[DATA FOR REVIEW — start]

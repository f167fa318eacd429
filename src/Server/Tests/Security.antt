-- ===== src/Server/Tests/Security.antt =====
-- Bans, roles, messages and timeouts on the sample.
use rekindle.Base.{◌^◌, ◌-◌, true, false, [], ◌∷◌, none, some, ◌≡◌, refl, ap, ◌∙◌, get, arith}
use rekindle.Bits.{has_bit}
use rekindle.Permissions.{
  is_timed_out, calculate_permissions, manage_roles, ban_members, moderate_members,
}
use rekindle.Permissions.Calculation.{has_permission-bit, calculate_permissions-bit}
use rekindle.Server.Protocol.{CommunityRequest, CommunityResponse, error}
use rekindle.Server.Store.Memory.{memory-IsLawful}
use rekindle.Server.Core.{pass, store, checks}
use rekindle.Server.Guards.{
  belongs, verify_membership, outranks, is_permitted, find_member, highest_role_position,
  held_positions, max_or,
}
use rekindle.Server.Guards.Permitted.{is_permitted-bit}
use rekindle.Server.Store.{delete_ban}
use rekindle.Server.Roles.{edit_first, may_edit}
use rekindle.Server.Timeouts.{set_timeout, end_of_timeout}
use rekindle.Server.Messages.{overwrites_of, find_channel, check_message, deliver}
use rekindle.Server.Dispatch.{handle, dispatch_request}
use rekindle.Server.Security.Admitted.{Admitted}
use rekindle.Server.Security.Bans.{MayBan, ban_row, ban_bars_join, ban_of_stranger, unban_readmits}
use rekindle.Server.Security.Escalation.{crown, crowning, edit_role_escalates}
use rekindle.Server.Security.Silence.{IsPosted, may_speak, send-checked, message_accepted}
use rekindle.Server.Security.Timeouts.{
  MaySilence, silenced, timeout_takes_hold, long_timeout_is_none,
}
use rekindle.Server.Tests.Town.{town, start, env_at, role, person}

-- The moderator's permissions.
bob_may_ban : is_permitted (env_at 1000) town "bob" ban_members ≡ true
unfolding has_bit is_timed_out
bob_may_ban = is_permitted-bit (env_at 1000) town "bob" 2 (omega arith)

bob_may_moderate : is_permitted (env_at 1000) town "bob" moderate_members ≡ true
unfolding has_bit is_timed_out
bob_may_moderate = is_permitted-bit (env_at 1000) town "bob" 40 (omega arith)

bob_may_manage : is_permitted (env_at 1000) town "bob" manage_roles ≡ true
unfolding has_bit is_timed_out
bob_may_manage = is_permitted-bit (env_at 1000) town "bob" 28 (omega arith)

bob_outranks_eve : outranks town "bob" "eve" ≡ true
unfolding outranks highest_role_position held_positions max_or
bob_outranks_eve = refl

bob_outranks_zoe : outranks town "bob" "zoe" ≡ true
unfolding outranks highest_role_position held_positions max_or
bob_outranks_zoe = refl

bob_belongs : belongs town "bob" ≡ true
unfolding belongs
bob_belongs = refl

zoe_stranger : belongs town "zoe" ≡ false
unfolding belongs
zoe_stranger = refl

bob_bans_eve : MayBan (env_at 1000) town "bob" "eve"
bob_bans_eve = record {
  member = bob_belongs;
  permitted = bob_may_ban;
  other = refl;
  higher = bob_outranks_eve;
}

bob_bans_zoe : MayBan (env_at 1000) town "bob" "zoe"
bob_bans_zoe = record {
  member = bob_belongs;
  permitted = bob_may_ban;
  other = refl;
  higher = bob_outranks_zoe;
}

ban_of_stranger_example :
    handle (env_at 1000) "c1" "bob" (CommunityRequest.ban "zoe") start
    ≡ (store (ban_row (env_at 1000) "c1" town "zoe") start, error 403 "not a member")
ban_of_stranger_example =
    ban_of_stranger (env_at 1000) "c1" "bob" "zoe" start town refl bob_bans_zoe zoe_stranger

ban_bars_join_example :
    dispatch_request
      (env_at 2000)
      "eve"
      (CommunityRequest.join "eve" "Eve" none)
      none
      (some "c1")
      (handle (env_at 1000) "c1" "bob" (CommunityRequest.ban "eve") start).0
    ≡ (
      (handle (env_at 1000) "c1" "bob" (CommunityRequest.ban "eve") start).0,
      error 403 "you are banned from this community",
    )
ban_bars_join_example =
    ban_bars_join (env_at 1000) "c1" "bob" "eve" start town refl memory-IsLawful bob_bans_eve
      (ban_row (env_at 1000) "c1" town "eve" ∷ []) refl (env_at 2000) "Eve" none none (some "c1")
      refl

unban_readmits_example : Admitted "c1" "zoe" town (
    dispatch_request
      (env_at 2000)
      "zoe"
      (CommunityRequest.join "zoe" "Zoe" none)
      none
      (some "c1")
      (handle (env_at 1000) "c1" "bob" (CommunityRequest.unban "zoe") start).0)
unban_readmits_example =
    unban_readmits (env_at 1000) "c1" "bob" "zoe" start town refl memory-IsLawful bob_belongs
      bob_may_ban refl (delete_ban "c1" "zoe" ∷ []) refl (env_at 2000) "Zoe" none none (some "c1")
      refl

bob_may_edit : may_edit (env_at 1000) town "bob" (role 1 "Member" 2048) ≡ true
unfolding may_edit highest_role_position held_positions max_or
bob_may_edit = refl

edit_role_escalates_example :
    (get "c1"
        (handle
          (env_at 1000)
          "c1"
          "bob"
          (crowning (env_at 1000) "c1" "bob" start town refl 1)
          start).0.hosted
      ≡ some (edit_first 1 crown town))
    × (is_permitted (env_at 3000) (edit_first 1 crown town) "bob" (2 ^ 2) ≡ true)
edit_role_escalates_example =
    edit_role_escalates (env_at 1000) "c1" "bob" start town refl 1 (role 1 "Member" 2048)
      (person "bob" (0 ∷ 1 ∷ 2 ∷ [])) bob_belongs bob_may_manage refl bob_may_edit refl refl
      (env_at 3000) 2

bob_silences_eve : MaySilence (env_at 1000) town "bob" "eve" (person "eve" (0 ∷ 1 ∷ []))
bob_silences_eve = record {
  member = bob_belongs;
  permitted = bob_may_moderate;
  higher = bob_outranks_eve;
  listed = refl;
}

timeout_takes_hold_example :
    handle
      (env_at 1599)
      "c1"
      "eve"
      (CommunityRequest.send_message "ch1" (1 ∷ 2 ∷ []) 4)
      (handle (env_at 1000) "c1" "bob" (CommunityRequest.timeout_member "eve" 600 none) start).0
    ≡ (
      (handle (env_at 1000) "c1" "bob" (CommunityRequest.timeout_member "eve" 600 none) start).0,
      error 403 "you do not have permission to send messages in this channel",
    )
unfolding has_bit
timeout_takes_hold_example =
    timeout_takes_hold (env_at 1000) "c1" "bob" "eve" start town (person "eve" (0 ∷ 1 ∷ [])) 600
      none refl bob_silences_eve (env_at 1599) "ch1" (1 ∷ 2 ∷ []) 4 (omega arith) (omega arith) refl
      refl

long_timeout_is_none_example :
    (get "c1"
        (handle
          (env_at 1000)
          "c1"
          "bob"
          (CommunityRequest.timeout_member "eve" (2 ^ 64 - 1) none)
          start).0.hosted
      ≡ some (silenced (env_at 1000) "eve" (2 ^ 64 - 1) town))
    × (find_member (silenced (env_at 1000) "eve" (2 ^ 64 - 1) town) "eve"
        ≡ some (
            set_timeout
              (some (end_of_timeout (env_at 1000) (2 ^ 64 - 1)))
              (person "eve" (0 ∷ 1 ∷ []))))
    × (calculate_permissions 1001
          (0 ∷ 1 ∷ [])
          town.roles
          (overwrites_of (find_channel town "ch1"))
          "eve"
          (some (end_of_timeout (env_at 1000) (2 ^ 64 - 1)))
        ≡ calculate_permissions 1001
            (0 ∷ 1 ∷ [])
            town.roles
            (overwrites_of (find_channel town "ch1"))
            "eve"
            none)
long_timeout_is_none_example =
    long_timeout_is_none (env_at 1000) "c1" "bob" "eve" start town (person "eve" (0 ∷ 1 ∷ []))
      (2 ^ 64 - 1) none refl bob_silences_eve 1001 "ch1" (omega arith) (omega arith) (omega arith)
      (omega arith)

is_permitted-bit_example : is_permitted (env_at 1000) town "eve" (2 ^ 2) ≡ false
unfolding has_bit is_timed_out
is_permitted-bit_example = is_permitted-bit (env_at 1000) town "eve" 2 (omega arith)

eve_speaks : may_speak (env_at 1000) town "eve" "ch1" (find_member town "eve") ≡ true
unfolding has_bit is_timed_out
eve_speaks =
    has_permission-bit 11 _
    ∙ ground (
      arith,
      calculate_permissions-bit 3 1000 (0 ∷ 1 ∷ []) town.roles [] "eve" none (omega arith),
      calculate_permissions-bit 11 1000 (0 ∷ 1 ∷ []) town.roles [] "eve" none (omega arith),
    )

eve_checked : check_message (env_at 1000) town "eve" "ch1" 4 ≡ pass tt
unfolding check_message verify_membership belongs checks
eve_checked = rw eve_speaks

eve_sends :
    (handle (env_at 1000) "c1" "eve" (CommunityRequest.send_message "ch1" (1 ∷ 2 ∷ []) 4) start).1
    ≡ CommunityResponse.ok
unfolding handle deliver checks
eve_sends =
    ap (λ r. r.1)
      (send-checked (env_at 1000) "c1" "eve" "ch1" (1 ∷ 2 ∷ []) 4 start town (pass tt) refl
        eve_checked)

message_accepted_example :
    IsPosted
      (env_at 1000)
      "c1"
      "eve"
      "ch1"
      (1 ∷ 2 ∷ [])
      4
      start
      (handle (env_at 1000) "c1" "eve" (CommunityRequest.send_message "ch1" (1 ∷ 2 ∷ []) 4) start)
message_accepted_example =
    message_accepted (env_at 1000) "c1" "eve" "ch1" (1 ∷ 2 ∷ []) 4 start eve_sends
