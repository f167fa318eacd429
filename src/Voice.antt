-- ===== src/Voice.antt =====
-- Voice: crates/rekindle-voice/src.
pub mod Jitter
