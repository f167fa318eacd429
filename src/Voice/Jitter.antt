-- ===== src/Voice/Jitter.antt =====
-- The jitter buffer: crates/rekindle-voice/src/jitter.rs, and VoicePacket of transport.rs. The clock is
-- an argument, in milliseconds.
mod WellFormed
mod Playback
mod Stall
mod Always
mod Stream
mod Tests
use rekindle.Base.{
  ℕ, ◌+◌, ◌-◌, ◌/◌, ◌%◌, ◌^◌, max, ltb, leb, if◌then◌else◌, Bool, true, false, not, ◌&&◌, ◌||◌,
  List, [], ◌∷◌, Option, none, some, length,
}
use rekindle.Base.Ordered.{insert, lookup, delete}

pub record VoicePacket : Type 0 where
  pub sender_key : List ℕ
  pub sequence : ℕ
  pub timestamp : ℕ
  pub audio_data : List ℕ

pub record JitterBuffer : Type 0 where
  pub buffer : List (ℕ × VoicePacket)
  pub target_delay_ms : ℕ
  pub next_playback_seq : ℕ
  pub max_packets : ℕ
  pub initial_fill_done : Bool
  pub first_packet_time : Option ℕ

unfoldable pub new : ℕ → JitterBuffer
new target_delay_ms = record {
  buffer = [];
  target_delay_ms = target_delay_ms;
  next_playback_seq = 0;
  max_packets = 50;
  initial_fill_done = false;
  first_packet_time = none;
}

-- `next_playback_seq += 1` on a `u32`; it wraps.
abbrev pub next : ℕ → ℕ
next seq = (seq + 1) % 2 ^ 32

-- The loop that drops the oldest packets; the second result is the next sequence number.
pub trim : Bool → ℕ → List (ℕ × VoicePacket) → ℕ → List (ℕ × VoicePacket) × ℕ
trim done limit [] seq = ([], seq)
trim done limit (e ∷ buffer) seq =
    let rest = trim done limit buffer (if done then next seq else seq) in
    if ltb limit (length (e ∷ buffer)) then rest else (e ∷ buffer, seq)

abbrev pub or_now : Option ℕ → ℕ → Option ℕ
or_now none now = some now
or_now (some at) now = some at

-- The packet goes in, and the oldest packets go out.
pub accept : VoicePacket → JitterBuffer → JitterBuffer
accept packet jb =
    let trimmed =
      trim jb.initial_fill_done jb.max_packets (insert packet.sequence packet jb.buffer)
        jb.next_playback_seq in
    record jb { buffer = trimmed.0; next_playback_seq = trimmed.1 }

-- Already played.
abbrev pub is_late : VoicePacket → JitterBuffer → Bool
is_late packet jb = jb.initial_fill_done && ltb packet.sequence jb.next_playback_seq

unfoldable pub push : ℕ → VoicePacket → JitterBuffer → JitterBuffer
unfolding accept
push now packet jb =
    let jb' = record jb { first_packet_time = or_now jb.first_packet_time now } in
    if is_late packet jb then jb' else accept packet jb'

abbrev pub is_elapsed : Option ℕ → ℕ → ℕ → Bool
is_elapsed none now delay = false
is_elapsed (some at) now delay = leb delay (now - at)

-- Whether `check_initial_fill` finds the phase complete; it then sets `initial_fill_done`.
pub is_filled : ℕ → JitterBuffer → Bool
is_filled now jb =
    leb (max (jb.target_delay_ms / 20) 1) (length jb.buffer)
    || is_elapsed jb.first_packet_time now jb.target_delay_ms

-- The first key, or the number as it is.
abbrev pub first_or : ℕ → List (ℕ × VoicePacket) → ℕ
first_or seq [] = seq
first_or seq ((k, p) ∷ buffer) = k

-- The buffer once the phase is complete.
pub started : JitterBuffer → JitterBuffer
started jb = record jb {
  initial_fill_done = true;
  next_playback_seq = first_or jb.next_playback_seq jb.buffer;
}

-- `remove` of the next packet.
pub take_next : JitterBuffer → JitterBuffer × Option VoicePacket
take_next jb = elim (lookup jb.next_playback_seq jb.buffer) [
  | none ↦ (jb, none)
  | some p ↦ (
    record jb {
      buffer = delete jb.next_playback_seq jb.buffer;
      next_playback_seq = next jb.next_playback_seq;
    },
    some p,
  )
]

unfoldable pub pop : ℕ → JitterBuffer → JitterBuffer × Option VoicePacket
unfolding take_next started is_filled
pop now jb =
    if jb.initial_fill_done
    then take_next jb
    else if is_filled now jb
    then take_next (started jb)
    else (jb, none)

abbrev pub audio_of : Option VoicePacket → Option (List ℕ)
audio_of none = none
audio_of (some p) = some p.audio_data

unfoldable pub peek_next_audio_data : JitterBuffer → Option (List ℕ)
peek_next_audio_data jb =
    if jb.initial_fill_done then audio_of (lookup (next jb.next_playback_seq) jb.buffer) else none

unfoldable pub depth : JitterBuffer → ℕ
depth jb = length jb.buffer

unfoldable pub set_target_delay_ms : ℕ → JitterBuffer → JitterBuffer
set_target_delay_ms ms jb = record jb { target_delay_ms = ms }

unfoldable pub reset : JitterBuffer → JitterBuffer
reset jb = record jb {
  buffer = [];
  next_playback_seq = 0;
  initial_fill_done = false;
  first_packet_time = none;
}
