-- ===== src/Voice/Jitter/WellFormed.antt =====
-- What holds of the jitter buffer at every moment.
use rekindle.Base.{
  ℕ, ◌+◌, ◌≤◌, ◌<◌, ◌^◌, ltb, Bool, true, false, ◌&&◌, List, [], ◌∷◌, none, some, ◌≡◌, refl, arith,
  length, All, Bool-cases, inl, inr, Option-cases,
}
use rekindle.Base.Ordered.{
  insert, lookup, delete, From, IsAscending, All-insert, All-delete, From-weaken,
  IsAscending-insert, IsAscending-delete, From-delete, length-delete,
}
use rekindle.Voice.Jitter.{
  VoicePacket, JitterBuffer, trim, accept, push, take_next, started, is_filled, pop, next, first_or,
  is_late, or_now,
}

-- A packet stands under its own sequence number, which is not the last one of 32 bits.
abbrev pub Keyed : (ℕ × VoicePacket) → Type 0
Keyed e = (e.0 ≡ e.1.sequence) × (e.0 + 1 < 2 ^ 32)

-- Nothing in the buffer was to be played earlier, once playback has begun.
abbrev pub Ahead : Bool → ℕ → List (ℕ × VoicePacket) → Type 0
Ahead true seq buffer = From seq buffer
Ahead false seq buffer = Unit

pub record IsWellFormed (jb : JitterBuffer) : Type 0 where
  pub ascending : IsAscending jb.buffer
  pub keyed : All Keyed jb.buffer
  pub bounded : length jb.buffer ≤ jb.max_packets
  pub ahead : Ahead jb.initial_fill_done jb.next_playback_seq jb.buffer

-- What the loop leaves of a buffer.
pub trim_lem :
    (done : Bool) (limit : ℕ) (buffer : List (ℕ × VoicePacket)) (seq : ℕ)
    → IsAscending buffer
    → All Keyed buffer
    → Ahead done seq buffer
    → IsAscending (trim done limit buffer seq).0
      × All Keyed (trim done limit buffer seq).0
      × (length (trim done limit buffer seq).0 ≤ limit)
      × Ahead done (trim done limit buffer seq).1 (trim done limit buffer seq).0
unfolding trim
trim_lem true limit [] seq a k f = (tt, tt, omega arith, tt)
trim_lem false limit [] seq a k f = (tt, tt, omega arith, tt)
trim_lem true limit ((j, p) ∷ buffer) seq a k f =
    elim (Bool-cases (ltb limit (length ((j, p) ∷ buffer)))) [
      | inl h ↦ rw h (
          trim_lem true limit buffer (next seq) a.1 k.1
            (From-weaken _ _ buffer (omega (arith, f.0, k.0.1)) a.0))
      | inr h ↦ rw h (a, k, ground arith, f)
    ]
trim_lem false limit ((j, p) ∷ buffer) seq a k f =
    elim (Bool-cases (ltb limit (length ((j, p) ∷ buffer)))) [
      | inl h ↦ rw h (trim_lem false limit buffer seq a.1 k.1 tt)
      | inr h ↦ rw h (a, k, ground arith, f)
    ]

pub Ahead-insert :
    (done : Bool) (seq : ℕ) (packet : VoicePacket) (buffer : List (ℕ × VoicePacket))
    → (done && ltb packet.sequence seq) ≡ false
    → Ahead done seq buffer
    → Ahead done seq (insert packet.sequence packet buffer)
Ahead-insert true seq packet buffer timely f =
    All-insert (λ e. seq ≤ e.0) packet.sequence packet buffer (ground arith) f
Ahead-insert false seq packet buffer timely f = tt

pub accept-IsWellFormed :
    (packet : VoicePacket) (jb : JitterBuffer)
    → packet.sequence + 1 < 2 ^ 32
    → is_late packet jb ≡ false
    → IsWellFormed jb
    → IsWellFormed (accept packet jb)
unfolding accept
accept-IsWellFormed packet jb small timely w =
    let kept =
      trim_lem jb.initial_fill_done jb.max_packets (insert packet.sequence packet jb.buffer)
        jb.next_playback_seq (IsAscending-insert packet.sequence packet jb.buffer w.ascending)
        (All-insert Keyed packet.sequence packet jb.buffer (refl, small) w.keyed)
        (Ahead-insert jb.initial_fill_done jb.next_playback_seq packet jb.buffer timely w.ahead) in
    record { ascending = kept.0; keyed = kept.1; bounded = kept.2; ahead = kept.3 }

-- A packet that arrives keeps the buffer in order, within its limit, and ahead of playback.
pub push-IsWellFormed :
    (now : ℕ) (packet : VoicePacket) (jb : JitterBuffer)
    → packet.sequence + 1 < 2 ^ 32
    → IsWellFormed jb
    → IsWellFormed (push now packet jb)
unfolding push
push-IsWellFormed now packet jb small w = elim (Bool-cases (is_late packet jb)) [
  | inl late ↦
      rw late
        record { ascending = w.ascending; keyed = w.keyed; bounded = w.bounded; ahead = w.ahead }
  | inr timely ↦ rw timely (
      accept-IsWellFormed packet (record jb { first_packet_time = or_now jb.first_packet_time now })
        small timely
        (record { ascending = w.ascending; keyed = w.keyed; bounded = w.bounded; ahead = w.ahead }))
]

-- A buffer whose playback has begun.
pub record IsPlaying (jb : JitterBuffer) : Type 0 where
  pub done : jb.initial_fill_done ≡ true
  pub ascending : IsAscending jb.buffer
  pub keyed : All Keyed jb.buffer
  pub bounded : length jb.buffer ≤ jb.max_packets
  pub from_next : From jb.next_playback_seq jb.buffer

first-From :
    (seq : ℕ) (buffer : List (ℕ × VoicePacket))
    → IsAscending buffer
    → From (first_or seq buffer) buffer
first-From seq [] a = tt
first-From seq ((k, p) ∷ buffer) a = (omega arith, From-weaken k (k + 1) buffer (omega arith) a.0)

pub started-IsPlaying : (jb : JitterBuffer) → IsWellFormed jb → IsPlaying (started jb)
unfolding started
started-IsPlaying jb w = record {
  done = refl;
  ascending = w.ascending;
  keyed = w.keyed;
  bounded = w.bounded;
  from_next = first-From jb.next_playback_seq jb.buffer w.ascending;
}

-- The buffer after its next packet has been taken.
abbrev pub advanced : JitterBuffer → JitterBuffer
advanced jb = record jb {
  buffer = delete jb.next_playback_seq jb.buffer;
  next_playback_seq = next jb.next_playback_seq;
}

pub take_next-none :
    (jb : JitterBuffer) → lookup jb.next_playback_seq jb.buffer ≡ none → take_next jb ≡ (jb, none)
unfolding take_next
take_next-none jb e = rw (e, take_next)

pub take_next-some :
    (jb : JitterBuffer) (p : VoicePacket)
    → lookup jb.next_playback_seq jb.buffer ≡ some p
    → take_next jb ≡ (advanced jb, some p)
unfolding take_next
take_next-some jb p e = rw (e, take_next)

pub advanced-IsPlaying : (jb : JitterBuffer) → IsPlaying jb → IsPlaying (advanced jb)
advanced-IsPlaying jb w = record {
  done = w.done;
  ascending = IsAscending-delete jb.next_playback_seq jb.buffer w.ascending;
  keyed = All-delete Keyed jb.next_playback_seq jb.buffer w.keyed;
  bounded = omega (arith, length-delete jb.next_playback_seq jb.buffer, w.bounded);
  from_next =
      From-weaken (next jb.next_playback_seq) (jb.next_playback_seq + 1) _ (omega arith)
        (From-delete jb.next_playback_seq jb.buffer w.ascending w.from_next);
}

pub take_next-IsPlaying : (jb : JitterBuffer) → IsPlaying jb → IsPlaying (take_next jb).0
take_next-IsPlaying jb w = elim (Option-cases (lookup jb.next_playback_seq jb.buffer)) [
  | inl e ↦ rw (take_next-none jb e) w
  | inr (p, e) ↦ rw (take_next-some jb p e) (advanced-IsPlaying jb w)
]

Ahead-true :
    (seq : ℕ) (buffer : List (ℕ × VoicePacket)) (done : Bool)
    → done ≡ true
    → From seq buffer
    → Ahead done seq buffer
Ahead-true seq buffer true e f = f
Ahead-true seq buffer false e f = tt

From-Ahead :
    (seq : ℕ) (buffer : List (ℕ × VoicePacket)) (done : Bool)
    → done ≡ true
    → Ahead done seq buffer
    → From seq buffer
From-Ahead seq buffer true e f = f
From-Ahead seq buffer false e f = ground arith

pub IsPlaying-IsWellFormed : (jb : JitterBuffer) → IsPlaying jb → IsWellFormed jb
IsPlaying-IsWellFormed jb w = record {
  ascending = w.ascending;
  keyed = w.keyed;
  bounded = w.bounded;
  ahead = Ahead-true jb.next_playback_seq jb.buffer jb.initial_fill_done w.done w.from_next;
}

pub IsWellFormed-IsPlaying :
    (jb : JitterBuffer) → jb.initial_fill_done ≡ true → IsWellFormed jb → IsPlaying jb
IsWellFormed-IsPlaying jb done w = record {
  done = done;
  ascending = w.ascending;
  keyed = w.keyed;
  bounded = w.bounded;
  from_next = From-Ahead jb.next_playback_seq jb.buffer jb.initial_fill_done done w.ahead;
}

pub pop-playing :
    (now : ℕ) (jb : JitterBuffer) → jb.initial_fill_done ≡ true → pop now jb ≡ take_next jb
unfolding pop
pop-playing now jb done = rw done

pub pop-starting :
    (now : ℕ) (jb : JitterBuffer)
    → jb.initial_fill_done ≡ false
    → is_filled now jb ≡ true
    → pop now jb ≡ take_next (started jb)
unfolding pop
pop-starting now jb waiting full = rw (waiting, full)

pub pop-waiting :
    (now : ℕ) (jb : JitterBuffer)
    → jb.initial_fill_done ≡ false
    → is_filled now jb ≡ false
    → pop now jb ≡ (jb, none)
unfolding pop
pop-waiting now jb waiting empty = rw (waiting, empty)

-- Taking a packet keeps the buffer in order, within its limit, and ahead of playback.
pub pop-IsWellFormed : (now : ℕ) (jb : JitterBuffer) → IsWellFormed jb → IsWellFormed (pop now jb).0
pop-IsWellFormed now jb w = elim (Bool-cases jb.initial_fill_done) [
  | inl done ↦
      rw (pop-playing now jb done)
        (IsPlaying-IsWellFormed _ (take_next-IsPlaying jb (IsWellFormed-IsPlaying jb done w)))
  | inr waiting ↦ elim (Bool-cases (is_filled now jb)) [
    | inl full ↦
        rw (pop-starting now jb waiting full)
          (IsPlaying-IsWellFormed _ (take_next-IsPlaying _ (started-IsPlaying jb w)))
    | inr empty ↦ rw (pop-waiting now jb waiting empty) w
  ]
]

[DATA FOR REVIEW — finish]

### [WORK TASK]
Look through the records and gather every line containing "Option".

### [FINAL ANSWER]
  List, [], ◌∷◌, Option, none, some, length,
  pub first_packet_time : Option ℕ
abbrev pub or_now : Option ℕ → ℕ → Option ℕ
abbrev pub is_elapsed : Option ℕ → ℕ → ℕ → Bool
pub take_next : JitterBuffer → JitterBuffer × Option VoicePacket
unfoldable pub pop : ℕ → JitterBuffer → JitterBuffer × Option VoicePacket
abbrev pub audio_of : Option VoicePacket → Option (List ℕ)
unfoldable pub peek_next_audio_data : JitterBuffer → Option (List ℕ)
  length, All, Bool-cases, inl, inr, Option-cases,
take_next-IsPlaying jb w = elim (Option-cases (lookup jb.next_playback_seq jb.buffer)) [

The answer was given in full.